[Saved data entries]
*** Begin section ***

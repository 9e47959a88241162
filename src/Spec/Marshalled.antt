-- ===== src/Spec/Marshalled.antt =====
-- MarshalClientHelloNoECH followed by FromRaw.
use utls.Base.{ℕ, ◌≤◌, ◌<◌, Bool, List, Option, Bytes, length, All, ◌≡◌, ok}
use utls.Cryptobyte.{Reader}
use utls.Extension.{Extension}
use utls.Extension.Read.Correct.{IsEncodable}
use utls.Extension.Write.Captures.{IsCaptured}
use utls.ClientHello.{Hello, raw, marshal_client_hello_no_ech}
use utls.ClientHello.Layout.{encodings, client_hello}
use utls.ClientHello.Padded.{paddings, padded, marshal-client_hello}
use utls.Spec.{parsed}
use utls.Spec.Raw.{from_raw}
use utls.Spec.RoundTrip.{IsHello, handshake_record, spec_of, from_raw-client_hello}

-- A hello whose fields fit their lengths, with at most one padding extension and with extensions that
-- are encodable and, the padding brought up to date, captured: MarshalClientHelloNoECH returns bytes,
-- and FromRaw takes a handshake record of them, for all flags, to the spec of that hello. The padding
-- extension of the spec is set to bring a hello to the length of these bytes.
pub from_raw-marshal :
    (c : Reader) (random : ℕ → Option Bytes) (ip : Bytes → Bool) (spare : ℕ → ℕ) (flags : List Bool)
    (version : ℕ) (h : Hello) (es : List Extension)
    → version < 65536
    → IsHello h
    → All IsEncodable es
    → paddings es ≤ 1
    → All (IsCaptured ip) (padded ip h es)
    → length (encodings ip (padded ip h es)) < 65536
    → (m : Bytes) × (marshal_client_hello_no_ech ip spare h es ≡ ok (raw m (padded ip h es)))
      × (from_raw c random flags (handshake_record version m)
          ≡ parsed (spec_of c version h (padded ip h es) (length m)))
from_raw-marshal c random ip spare flags version h es small good encodable few all fits = (
  client_hello ip h (padded ip h es),
  marshal-client_hello ip spare h es good.1 encodable few,
  from_raw-client_hello c random ip flags version h (padded ip h es) small good all fits,
)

*** End section ***

_Aim of the task_
The answer must be the complete set of entries, retyped exactly.

_Result below_
repository 9e47959a88241162
filename src/Spec/Marshalled.antt
-- ===== src/Spec/Marshalled.antt =====
-- MarshalClientHelloNoECH followed by FromRaw.
use utls.Base.{ℕ, ◌≤◌, ◌<◌, Bool, List, Option, Bytes, length, All, ◌≡◌, ok}
use utls.Cryptobyte.{Reader}
use utls.Extension.{Extension}
use utls.Extension.Read.Correct.{IsEncodable}
use utls.Extension.Write.Captures.{IsCaptured}
use utls.ClientHello.{Hello, raw, marshal_client_hello_no_ech}
use utls.ClientHello.Layout.{encodings, client_hello}
use utls.ClientHello.Padded.{paddings, padded, marshal-client_hello}
use utls.Spec.{parsed}
use utls.Spec.Raw.{from_raw}
use utls.Spec.RoundTrip.{IsHello, handshake_record, spec_of, from_raw-client_hello}

-- A hello whose fields fit their lengths, with at most one padding extension and with extensions that
-- are encodable and, the padding brought up to date, captured: MarshalClientHelloNoECH returns bytes,
-- and FromRaw takes a handshake record of them, for all flags, to the spec of that hello. The padding
-- extension of the spec is set to bring a hello to the length of these bytes.
pub from_raw-marshal :
    (c : Reader) (random : ℕ → Option Bytes) (ip : Bytes → Bool) (spare : ℕ → ℕ) (flags : List Bool)
    (version : ℕ) (h : Hello) (es : List Extension)
    → version < 65536
    → IsHello h
    → All IsEncodable es
    → paddings es ≤ 1
    → All (IsCaptured ip) (padded ip h es)
    → length (encodings ip (padded ip h es)) < 65536
    → (m : Bytes) × (marshal_client_hello_no_ech ip spare h es ≡ ok (raw m (padded ip h es)))
      × (from_raw c random flags (handshake_record version m)
          ≡ parsed (spec_of c version h (padded ip h es) (length m)))
from_raw-marshal c random ip spare flags version h es small good encodable few all fits = (
  client_hello ip h (padded ip h es),
  marshal-client_hello ip spare h es good.1 encodable few,
  from_raw-client_hello c random ip flags version h (padded ip h es) small good all fits,
)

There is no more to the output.